With the saxophonist Settles himself on board on this album along with electric guitarist Tim Motzer and standup bassist Eric Wheeler, Stars adopts the fury and passion of mid-60s Coltrane and reconciles it ever so subtly to Carlstedt’s rock side. The explosiveness of the first two tracks in particular do a great job in establishing that what Trane was doing then wasn’t that far removed from what Hendrix was doing a scant couple of years later. Settles and Motzer offer up a unified counterpoint to Wheeler’s roving bass figures for “Dust,” after which Carlstedt launches into an Elvin Jones strong swing as Motzer’s rock guitar attack assets control, like a moment out of Sonny Sharrock’s Ask The Ages. The opening head of “Eggs and Grits” picks up where “Dust” left off and then goes off the abyss in free mode but without losing the melodic idea, which is allowed to mutate and evolve. Carlstedt leads the band into new directions in this four-way improv that simply flutters instead of scatters.
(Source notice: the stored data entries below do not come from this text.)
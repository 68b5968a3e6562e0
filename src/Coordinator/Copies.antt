-- ===== src/Coordinator/Copies.antt =====
-- The copies that a reader gets of a run of chunks.
use streamweaver.Prelude.{
  ℕ, zero, suc, ◌≤◌, ◌<◌, ◌≡◌, refl, true, false, Option, none, some, List, [], ◌∷◌, ◌++◌, arith,
  length,
}
use streamweaver.Coordinator.{ChunkData, StreamCoordinator, is_error, next_position, filled}
use streamweaver.Coordinator.Reading.{
  got, error_copy, add_chunk, add_error, collect, last_error_chunk, or_else, is_stale, start,
  read_chunks,
}
use streamweaver.Coordinator.Ring.{ahead, next_position-lt, ahead-next_position, ahead-ne, Holds}
use streamweaver.Coordinator.Writing.{IsRing, IsPlain, numbered, Written}

-- The copies that a reader gets of a list of chunks: one for each that has data, in order.
unfoldable pub delivered : List ChunkData → List ChunkData
delivered [] = []
delivered (w ∷ ws) = add_chunk w (delivered ws)

add_chunk-filled :
    (n : ℕ) (w : ChunkData) (rest : List ChunkData) → add_chunk (filled n w) rest ≡ add_chunk w rest
unfolding add_chunk filled
add_chunk-filled n w rest = refl

add_error-filled :
    (n : ℕ) (w : ChunkData) (rest : Option ChunkData)
    → add_error (filled n w) rest ≡ add_error w rest
unfolding add_error filled
add_error-filled n w none = refl
add_error-filled n w (some e) = refl

-- The error chunk that a reader gets of a list of chunks: that of the last one that carries one.
pub failing : List ChunkData → Option ChunkData
failing [] = none
failing (w ∷ ws) = add_error w (failing ws)

pub collect-Holds :
    (ws : List ChunkData) (slots : List ChunkData) (fuel i s : ℕ)
    → i < length slots
    → length ws < length slots
    → length ws ≤ fuel
    → Holds slots i (numbered s ws)
    → collect fuel slots (ahead (length slots) i (length ws)) i ≡ (delivered ws, failing ws)
unfolding collect numbered delivered failing
collect-Holds [] slots zero i s r l f h = refl
collect-Holds [] slots (suc fuel) i s r l f h = ground arith
collect-Holds (w ∷ ws) slots zero i s r l f h = absurd (omega arith)
collect-Holds (w ∷ ws) slots (suc fuel) i s r l f h =
    let moved = ahead-ne (length slots) i (suc (length ws)) r (omega arith) l in
    let ih =
      collect-Holds ws slots fuel (next_position (length slots) i) (suc s)
        (next_position-lt (length slots) i r) (omega arith) (omega arith) h.1 in
    let to = ahead-next_position (length slots) i (length ws) r (omega arith) in
    ground (
      arith,
      moved,
      ih,
      to,
      h.0,
      add_chunk-filled (suc s) w (delivered ws),
      add_error-filled (suc s) w (failing ws),
    )

pub or_else-none : (o : Option ChunkData) → or_else o none ≡ o
or_else-none none = refl
or_else-none (some e) = refl

pub last_error_chunk-silent : (c : StreamCoordinator) → IsRing c → last_error_chunk c ≡ none
unfolding last_error_chunk
last_error_chunk-silent c r = rw (r.silent, last_error_chunk)

fresh :
    (ws : List ChunkData) (c c' : StreamCoordinator)
    → 0 < length ws
    → length ws < length c.slots
    → Written ws c c'
    → is_stale c' c.head ≡ false
unfolding is_stale numbered filled
fresh [] c c' p l h = absurd (omega arith)
fresh (w ∷ ws) c c' p l h = ground (arith, h.holds.0, h.seq_eq, h.length_eq)

pub start_home : (c : StreamCoordinator) → start c (some c.head) ≡ c.head
unfolding start
start_home c = ground arith

pub start-Written :
    (ws : List ChunkData) (c c' : StreamCoordinator)
    → 0 < length ws
    → length ws < length c.slots
    → Written ws c c'
    → start c' (some c.head) ≡ c.head
unfolding start
start-Written ws c c' p l h = rw (fresh ws c c' p l h)

pub collect-Written :
    (ws : List ChunkData) (c c' : StreamCoordinator) (fuel : ℕ)
    → IsRing c
    → length ws < length c.slots
    → length ws ≤ fuel
    → Written ws c c'
    → collect fuel c'.slots c'.head c.head ≡ (delivered ws, failing ws)
collect-Written ws c c' fuel r l f h =
    let e : c'.head ≡ ahead (length c'.slots) c.head (length ws) = rw h.length_eq h.head_eq in
    rw e (
      collect-Holds ws c'.slots fuel c.head c.write_seq (rw h.length_eq r.in_range)
        (rw h.length_eq l) f h.holds)

-- A reader that waits at the position from which a run of fewer chunks than the ring has slots was
-- written gets the copies, and the error chunk if the last one carries an error.
pub read-Written :
    (ws : List ChunkData) (c c' : StreamCoordinator)
    → IsRing c
    → 0 < length ws
    → length ws < length c.slots
    → Written ws c c'
    → read_chunks (some c.head) c' ≡ got (delivered ws) (failing ws) c'.head
unfolding read_chunks
read-Written ws c c' r p l h = ground (
  arith,
  fresh ws c c' p l h,
  collect-Written ws c c' (length c'.slots) r l (omega (arith, h.length_eq)) h,
  last_error_chunk-silent c' h.ring,
  or_else-none (failing ws),
  ahead-ne (length c.slots) c.head (length ws) r.in_range p l,
  h.head_eq,
)

pub failing-plain : (ws : List ChunkData) → IsPlain ws → failing ws ≡ none
unfolding failing add_error
failing-plain [] p = refl
failing-plain (w ∷ ws) p = rw (failing-plain ws p.1, add_error) (rw p.0)

pub failing-last :
    (ws : List ChunkData) (e : ChunkData)
    → is_error e ≡ true
    → failing (ws ++ e ∷ []) ≡ some (error_copy e)
unfolding failing add_error
failing-last [] e h = rw h
failing-last (w ∷ ws) e h = rw (failing-last ws e h)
More echoes of late-period Coltrane can be found in the Interstellar Space-like sax-drums combustion “Open Road,” where Settles goes down a melodic path and Carlstedt’s unrestraint eventually entices the saxophonist to increase his. Conversely, Settles sits out of “The Photographer,” a rock ballad, dominated by Motzer’s slightly fuzzy soul tones.

Carlstedt’s palette for this album extends well beyond just a couple of influences, however, highlighted by a couple of interesting one-on-one’s between the drummer and guitarist. Motzer plays exotic, African folk instruments (or, so it sounds) on the peaceful “Refracting” over Carlstedt’s calypso beat. Ghostly shadings set “Four Point Two” in motion as Carlstedt’s brushes gently agitate from behind Motzer’s astral vibe.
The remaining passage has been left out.